_Your objective:_ Where a line of the following data contains the string "throws", include it in the tally. Report the total alone.
*** Records for the task ***
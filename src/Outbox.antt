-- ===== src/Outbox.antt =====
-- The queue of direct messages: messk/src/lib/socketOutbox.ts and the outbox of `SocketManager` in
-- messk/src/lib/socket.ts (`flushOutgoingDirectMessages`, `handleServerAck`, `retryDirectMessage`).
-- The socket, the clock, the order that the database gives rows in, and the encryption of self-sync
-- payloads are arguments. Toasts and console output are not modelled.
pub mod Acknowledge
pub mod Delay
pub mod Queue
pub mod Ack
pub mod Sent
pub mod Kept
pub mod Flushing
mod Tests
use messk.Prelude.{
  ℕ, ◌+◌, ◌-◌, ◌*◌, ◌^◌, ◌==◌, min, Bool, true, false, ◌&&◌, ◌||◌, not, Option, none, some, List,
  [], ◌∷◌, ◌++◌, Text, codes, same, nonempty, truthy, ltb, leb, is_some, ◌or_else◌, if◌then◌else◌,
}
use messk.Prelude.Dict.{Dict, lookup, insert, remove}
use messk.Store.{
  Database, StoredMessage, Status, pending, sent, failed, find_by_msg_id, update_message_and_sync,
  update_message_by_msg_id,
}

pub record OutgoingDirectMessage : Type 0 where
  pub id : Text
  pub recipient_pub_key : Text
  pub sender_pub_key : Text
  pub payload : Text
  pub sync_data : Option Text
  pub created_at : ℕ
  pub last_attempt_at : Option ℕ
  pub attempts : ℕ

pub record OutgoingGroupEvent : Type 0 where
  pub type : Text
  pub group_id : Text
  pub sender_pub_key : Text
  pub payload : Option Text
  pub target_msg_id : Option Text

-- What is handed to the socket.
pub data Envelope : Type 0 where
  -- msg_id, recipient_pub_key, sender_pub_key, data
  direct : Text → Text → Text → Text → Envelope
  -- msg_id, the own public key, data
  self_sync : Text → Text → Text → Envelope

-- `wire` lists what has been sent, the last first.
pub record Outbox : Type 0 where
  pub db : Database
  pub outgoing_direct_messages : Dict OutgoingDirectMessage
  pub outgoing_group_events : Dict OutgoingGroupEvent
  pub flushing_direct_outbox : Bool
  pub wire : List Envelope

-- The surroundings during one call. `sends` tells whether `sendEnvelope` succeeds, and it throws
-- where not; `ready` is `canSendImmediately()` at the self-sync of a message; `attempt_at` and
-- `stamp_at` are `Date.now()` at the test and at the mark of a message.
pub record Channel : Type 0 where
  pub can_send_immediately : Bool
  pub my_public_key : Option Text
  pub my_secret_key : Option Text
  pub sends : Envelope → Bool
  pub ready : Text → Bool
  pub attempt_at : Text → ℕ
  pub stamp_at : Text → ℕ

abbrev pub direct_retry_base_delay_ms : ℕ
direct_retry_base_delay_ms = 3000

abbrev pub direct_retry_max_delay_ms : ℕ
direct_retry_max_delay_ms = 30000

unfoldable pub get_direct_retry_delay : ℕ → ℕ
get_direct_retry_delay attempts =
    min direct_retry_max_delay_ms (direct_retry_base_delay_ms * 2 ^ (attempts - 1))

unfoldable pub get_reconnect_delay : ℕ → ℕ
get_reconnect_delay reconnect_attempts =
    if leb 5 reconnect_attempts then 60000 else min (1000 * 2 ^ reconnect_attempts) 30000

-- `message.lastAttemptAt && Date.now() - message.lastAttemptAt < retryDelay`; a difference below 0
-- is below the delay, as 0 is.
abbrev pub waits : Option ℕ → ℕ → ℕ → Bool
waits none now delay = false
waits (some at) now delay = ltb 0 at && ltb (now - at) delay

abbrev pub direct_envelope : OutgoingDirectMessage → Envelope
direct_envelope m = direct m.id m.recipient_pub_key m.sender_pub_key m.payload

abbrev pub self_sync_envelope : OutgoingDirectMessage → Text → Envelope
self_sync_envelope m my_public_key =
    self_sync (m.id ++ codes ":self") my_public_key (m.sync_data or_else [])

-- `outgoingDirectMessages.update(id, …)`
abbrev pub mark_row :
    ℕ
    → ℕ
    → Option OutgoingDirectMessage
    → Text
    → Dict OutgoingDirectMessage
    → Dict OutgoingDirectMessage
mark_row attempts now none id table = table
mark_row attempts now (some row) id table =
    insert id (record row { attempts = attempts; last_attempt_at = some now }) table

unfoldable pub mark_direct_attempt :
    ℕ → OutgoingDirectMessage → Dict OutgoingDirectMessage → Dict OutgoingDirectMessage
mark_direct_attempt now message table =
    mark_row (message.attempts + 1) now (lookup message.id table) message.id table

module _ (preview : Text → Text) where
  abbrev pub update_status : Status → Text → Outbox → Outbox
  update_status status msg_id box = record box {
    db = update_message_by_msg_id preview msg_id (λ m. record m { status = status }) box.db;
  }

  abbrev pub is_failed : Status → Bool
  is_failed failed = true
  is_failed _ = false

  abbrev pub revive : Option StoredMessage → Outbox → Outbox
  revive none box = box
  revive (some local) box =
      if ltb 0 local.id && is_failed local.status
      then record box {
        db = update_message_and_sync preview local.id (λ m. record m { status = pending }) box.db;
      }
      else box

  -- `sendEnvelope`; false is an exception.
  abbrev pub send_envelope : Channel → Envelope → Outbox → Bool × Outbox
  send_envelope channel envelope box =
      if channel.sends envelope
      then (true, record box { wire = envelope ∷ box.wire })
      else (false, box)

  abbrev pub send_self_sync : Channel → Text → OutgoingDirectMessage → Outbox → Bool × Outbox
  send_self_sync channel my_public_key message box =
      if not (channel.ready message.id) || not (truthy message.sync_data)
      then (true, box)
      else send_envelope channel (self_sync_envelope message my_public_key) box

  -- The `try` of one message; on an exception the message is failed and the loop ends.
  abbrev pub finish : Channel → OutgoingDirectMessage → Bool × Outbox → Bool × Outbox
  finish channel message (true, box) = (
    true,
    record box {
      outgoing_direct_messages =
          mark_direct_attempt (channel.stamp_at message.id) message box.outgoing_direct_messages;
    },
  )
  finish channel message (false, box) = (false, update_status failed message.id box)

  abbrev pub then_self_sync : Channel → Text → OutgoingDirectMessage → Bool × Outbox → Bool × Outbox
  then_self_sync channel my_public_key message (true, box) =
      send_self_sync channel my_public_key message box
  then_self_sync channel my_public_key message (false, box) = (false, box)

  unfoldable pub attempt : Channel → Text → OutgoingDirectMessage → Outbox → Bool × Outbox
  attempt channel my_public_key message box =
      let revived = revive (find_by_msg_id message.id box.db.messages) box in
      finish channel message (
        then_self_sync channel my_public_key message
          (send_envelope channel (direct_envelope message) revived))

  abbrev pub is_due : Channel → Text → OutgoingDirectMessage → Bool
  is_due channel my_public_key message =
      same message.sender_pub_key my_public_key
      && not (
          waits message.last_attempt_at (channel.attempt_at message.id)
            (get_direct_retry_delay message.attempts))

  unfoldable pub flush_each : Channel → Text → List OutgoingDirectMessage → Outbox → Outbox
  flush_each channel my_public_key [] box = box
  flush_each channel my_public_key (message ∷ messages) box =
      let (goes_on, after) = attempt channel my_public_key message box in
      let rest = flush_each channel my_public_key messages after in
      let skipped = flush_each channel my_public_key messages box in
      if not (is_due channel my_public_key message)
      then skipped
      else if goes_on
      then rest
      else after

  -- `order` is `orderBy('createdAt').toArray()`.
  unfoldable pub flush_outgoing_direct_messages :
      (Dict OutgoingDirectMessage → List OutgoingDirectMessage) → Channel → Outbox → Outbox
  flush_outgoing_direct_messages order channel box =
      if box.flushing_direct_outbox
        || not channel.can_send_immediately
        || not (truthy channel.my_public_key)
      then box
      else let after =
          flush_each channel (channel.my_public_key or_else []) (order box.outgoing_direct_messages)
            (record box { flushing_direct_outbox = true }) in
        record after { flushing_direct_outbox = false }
*** End of Records for the task ***
*** Records for the task ***
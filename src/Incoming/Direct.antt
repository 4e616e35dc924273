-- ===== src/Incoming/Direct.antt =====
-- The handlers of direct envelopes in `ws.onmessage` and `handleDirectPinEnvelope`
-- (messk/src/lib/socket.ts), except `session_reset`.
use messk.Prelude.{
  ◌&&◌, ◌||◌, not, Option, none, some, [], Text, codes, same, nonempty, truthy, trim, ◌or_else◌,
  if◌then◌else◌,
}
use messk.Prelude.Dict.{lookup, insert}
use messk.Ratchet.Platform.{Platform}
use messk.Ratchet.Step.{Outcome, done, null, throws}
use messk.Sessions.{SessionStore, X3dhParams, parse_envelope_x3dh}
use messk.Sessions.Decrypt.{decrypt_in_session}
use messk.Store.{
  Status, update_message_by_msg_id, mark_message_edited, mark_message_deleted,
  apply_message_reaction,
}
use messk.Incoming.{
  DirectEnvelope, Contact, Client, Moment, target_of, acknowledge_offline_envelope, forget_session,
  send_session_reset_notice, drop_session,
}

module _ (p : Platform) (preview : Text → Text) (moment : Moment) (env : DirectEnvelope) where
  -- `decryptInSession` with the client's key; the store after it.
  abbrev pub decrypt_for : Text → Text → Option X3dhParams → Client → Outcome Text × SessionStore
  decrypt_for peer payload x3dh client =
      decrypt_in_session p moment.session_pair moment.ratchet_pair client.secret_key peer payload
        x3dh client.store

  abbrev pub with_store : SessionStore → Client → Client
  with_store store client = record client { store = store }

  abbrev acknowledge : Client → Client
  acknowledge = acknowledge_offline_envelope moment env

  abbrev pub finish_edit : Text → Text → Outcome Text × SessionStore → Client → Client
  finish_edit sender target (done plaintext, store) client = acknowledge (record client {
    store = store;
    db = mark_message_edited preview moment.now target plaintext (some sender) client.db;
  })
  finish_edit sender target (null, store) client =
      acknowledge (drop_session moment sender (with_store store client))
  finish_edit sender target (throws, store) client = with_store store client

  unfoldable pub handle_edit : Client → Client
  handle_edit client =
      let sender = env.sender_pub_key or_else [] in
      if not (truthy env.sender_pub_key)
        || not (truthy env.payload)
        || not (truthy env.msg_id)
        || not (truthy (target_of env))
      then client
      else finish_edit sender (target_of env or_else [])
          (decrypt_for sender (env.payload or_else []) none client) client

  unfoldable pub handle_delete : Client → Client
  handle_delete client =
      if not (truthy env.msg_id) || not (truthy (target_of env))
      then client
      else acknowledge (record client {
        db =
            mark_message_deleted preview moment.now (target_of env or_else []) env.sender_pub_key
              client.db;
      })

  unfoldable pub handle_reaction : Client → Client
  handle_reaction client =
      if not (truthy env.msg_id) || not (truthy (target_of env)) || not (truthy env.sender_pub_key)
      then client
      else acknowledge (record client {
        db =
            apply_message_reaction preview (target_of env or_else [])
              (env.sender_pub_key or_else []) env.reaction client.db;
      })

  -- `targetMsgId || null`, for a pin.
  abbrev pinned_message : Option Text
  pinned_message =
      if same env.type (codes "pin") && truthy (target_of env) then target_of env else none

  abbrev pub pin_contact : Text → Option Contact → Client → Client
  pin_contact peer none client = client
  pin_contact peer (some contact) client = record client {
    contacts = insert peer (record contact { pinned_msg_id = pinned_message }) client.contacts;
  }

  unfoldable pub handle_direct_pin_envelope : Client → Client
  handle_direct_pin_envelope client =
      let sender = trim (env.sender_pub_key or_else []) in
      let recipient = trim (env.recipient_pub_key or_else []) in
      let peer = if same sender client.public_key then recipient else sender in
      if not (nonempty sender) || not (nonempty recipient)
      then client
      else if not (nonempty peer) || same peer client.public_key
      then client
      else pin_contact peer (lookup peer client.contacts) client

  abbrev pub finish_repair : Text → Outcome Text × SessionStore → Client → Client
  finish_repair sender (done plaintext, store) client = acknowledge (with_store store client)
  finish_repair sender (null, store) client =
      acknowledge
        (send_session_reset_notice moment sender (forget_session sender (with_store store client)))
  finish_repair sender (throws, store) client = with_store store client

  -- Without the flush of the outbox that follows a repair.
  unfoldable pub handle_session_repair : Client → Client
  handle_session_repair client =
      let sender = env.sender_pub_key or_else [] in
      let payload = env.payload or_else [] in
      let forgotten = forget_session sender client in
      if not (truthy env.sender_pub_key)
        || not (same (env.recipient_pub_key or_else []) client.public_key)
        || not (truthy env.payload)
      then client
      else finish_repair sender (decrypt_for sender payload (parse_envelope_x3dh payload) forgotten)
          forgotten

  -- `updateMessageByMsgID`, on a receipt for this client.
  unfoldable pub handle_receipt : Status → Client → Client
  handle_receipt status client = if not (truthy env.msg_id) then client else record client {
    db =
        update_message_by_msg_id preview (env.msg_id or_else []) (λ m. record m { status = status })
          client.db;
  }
*** End of Records for the task ***
*** Records for the task ***
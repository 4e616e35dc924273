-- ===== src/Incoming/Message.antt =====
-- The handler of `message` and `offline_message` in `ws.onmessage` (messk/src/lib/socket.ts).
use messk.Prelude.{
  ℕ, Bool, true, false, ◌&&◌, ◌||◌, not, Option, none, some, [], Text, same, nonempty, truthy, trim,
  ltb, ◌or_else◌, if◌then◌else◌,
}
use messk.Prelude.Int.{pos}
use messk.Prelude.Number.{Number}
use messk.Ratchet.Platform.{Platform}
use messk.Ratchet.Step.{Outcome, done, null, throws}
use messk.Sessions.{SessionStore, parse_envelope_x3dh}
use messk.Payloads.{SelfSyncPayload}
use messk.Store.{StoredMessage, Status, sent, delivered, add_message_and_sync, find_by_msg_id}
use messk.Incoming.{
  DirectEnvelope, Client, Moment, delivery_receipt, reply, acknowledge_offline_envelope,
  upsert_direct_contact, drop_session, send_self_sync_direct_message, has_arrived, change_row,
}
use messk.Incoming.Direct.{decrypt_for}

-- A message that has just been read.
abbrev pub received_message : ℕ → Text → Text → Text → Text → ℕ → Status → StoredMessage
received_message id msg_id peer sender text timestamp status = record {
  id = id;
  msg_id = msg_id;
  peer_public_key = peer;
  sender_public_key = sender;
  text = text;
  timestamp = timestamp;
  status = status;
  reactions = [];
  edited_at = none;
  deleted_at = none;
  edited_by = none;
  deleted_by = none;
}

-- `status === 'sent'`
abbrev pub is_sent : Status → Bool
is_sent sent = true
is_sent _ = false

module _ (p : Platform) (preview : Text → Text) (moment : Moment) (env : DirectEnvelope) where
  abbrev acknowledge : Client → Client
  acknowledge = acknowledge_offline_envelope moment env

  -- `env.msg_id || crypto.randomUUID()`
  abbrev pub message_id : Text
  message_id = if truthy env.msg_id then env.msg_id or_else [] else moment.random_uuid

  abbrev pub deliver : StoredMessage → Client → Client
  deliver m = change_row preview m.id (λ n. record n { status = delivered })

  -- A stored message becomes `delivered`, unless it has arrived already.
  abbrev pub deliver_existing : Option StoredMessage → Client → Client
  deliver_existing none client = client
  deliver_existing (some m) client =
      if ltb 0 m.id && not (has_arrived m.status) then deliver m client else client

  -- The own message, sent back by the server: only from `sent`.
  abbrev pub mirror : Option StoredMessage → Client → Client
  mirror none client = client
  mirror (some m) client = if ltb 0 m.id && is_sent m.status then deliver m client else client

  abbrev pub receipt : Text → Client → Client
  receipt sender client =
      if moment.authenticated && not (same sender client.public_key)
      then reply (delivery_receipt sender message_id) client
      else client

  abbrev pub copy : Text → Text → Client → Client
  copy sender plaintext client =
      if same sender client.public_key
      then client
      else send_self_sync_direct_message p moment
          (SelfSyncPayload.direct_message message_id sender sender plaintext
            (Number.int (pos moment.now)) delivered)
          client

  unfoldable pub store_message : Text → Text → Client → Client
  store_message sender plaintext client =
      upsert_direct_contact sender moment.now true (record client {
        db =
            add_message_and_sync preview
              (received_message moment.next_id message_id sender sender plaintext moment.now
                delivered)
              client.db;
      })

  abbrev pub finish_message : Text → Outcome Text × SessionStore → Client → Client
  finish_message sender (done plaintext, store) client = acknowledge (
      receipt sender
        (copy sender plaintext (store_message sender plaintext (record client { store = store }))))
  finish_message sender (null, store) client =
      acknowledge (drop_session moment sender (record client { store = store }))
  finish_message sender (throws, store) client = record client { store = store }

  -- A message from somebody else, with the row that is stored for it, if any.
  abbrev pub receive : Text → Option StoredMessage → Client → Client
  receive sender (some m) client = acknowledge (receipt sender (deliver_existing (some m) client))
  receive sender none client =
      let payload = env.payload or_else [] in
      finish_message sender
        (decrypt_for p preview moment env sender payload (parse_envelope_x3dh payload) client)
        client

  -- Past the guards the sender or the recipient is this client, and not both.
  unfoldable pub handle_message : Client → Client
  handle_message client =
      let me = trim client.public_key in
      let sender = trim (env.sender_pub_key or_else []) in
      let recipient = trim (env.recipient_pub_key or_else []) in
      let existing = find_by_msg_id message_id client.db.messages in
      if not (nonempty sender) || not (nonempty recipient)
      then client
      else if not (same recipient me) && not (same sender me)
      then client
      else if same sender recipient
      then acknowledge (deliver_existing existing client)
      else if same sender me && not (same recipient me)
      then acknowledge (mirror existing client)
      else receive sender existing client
*** End of Records for the task ***
_Result for this exercise:_ 6